Management of this lesion depends on location and presence of associated cardiac anomalies. Early surgery is recommended for patients with uncomplicated coarctation and variation in systolic pressure between arms and legs of 20 mmHg. Medicinal therapy with diuretics and digitoxin helps to stabilize patients before surgical correction. The administration of prostaglandin E1 aims to maintain a patent ductus arteriosus. Mechanical ventilation and inotropic support are provided in the sickest infants.
The initial approach to coarctation utilizing open-heart surgery techniques was resection with primary end-to-end anastomosis, first reported in 1945, which was technically difficult and carried a high risk of re-intervention. This procedure was followed by a prosthetic patch aortoplasty, which showed later aneurysm development, prosthetic interposition grafts, and subclavian flap aortoplasty.
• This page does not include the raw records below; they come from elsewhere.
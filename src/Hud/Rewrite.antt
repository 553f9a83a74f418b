-- ===== src/Hud/Rewrite.antt =====
-- src/hudrewrite.cpp, `rewrite`: one copy per frame, into the two scratch buffers in turn.
pub mod Scratch
use hybrid_heaven_recomp.Prelude.{ℕ, ◌==◌, Bool, true, false, not, ◌||◌, if◌then◌else◌, List}
use hybrid_heaven_recomp.Hud.Memory.{Rdram}
use hybrid_heaven_recomp.Hud.Gbi.{Gbi, Class}
use hybrid_heaven_recomp.Hud.Writer.{Writer, new_writer}
use hybrid_heaven_recomp.Hud.Copy.{copy_list}

-- `g_turn` is whether the second buffer was last.
abbrev pub scratch : Bool → ℕ
scratch false = 0x007A_0000
scratch true = 0x007C_8000

abbrev pub scratch_size : ℕ
scratch_size = 0x28000

-- The globals that the rewriter changes.
pub record Rewriter : Type 0 where
  pub turn : Bool
  pub rdram : Rdram

-- `off` is HH_NO_HUD_REWRITE, and `any_classes` whether anything has a class.
module _ (gbi : Gbi) (class_of : List ℕ → Class) (off any_classes : Bool) where
  unfoldable pub submit : Writer × ℕ → Bool → Rewriter × ℕ
  submit (w, copy) turn =
      (record { turn = turn; rdram = w.rdram }, if w.overflow || copy == 0 then 0 else copy)

  unfoldable pub rewrite : Rewriter → ℕ → Rewriter × ℕ
  rewrite s list_address =
      if off || not any_classes
      then (s, 0)
      else let turn = not s.turn in
        submit
          (copy_list gbi class_of 10 (new_writer s.rdram (scratch turn) scratch_size) list_address)
          turn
The latter gained wide acceptance, but occurred with restenosis. Recently, an extended end-to-end anastomosis has become a popular surgical approach. In this process the patent ductus arteriosus is divided and its aortic end is removed with the constricted section of the aorta. The pulmonary end is ligated, whereas the ductal remnant is used to anastomose both ends of the aorta on either side of the coarctation.
Another technique developed in the last few years, but avoided in neonates, is percutaneous balloon angioplasty and transcatheter stent placement, also utilized for restenosis after surgical repair.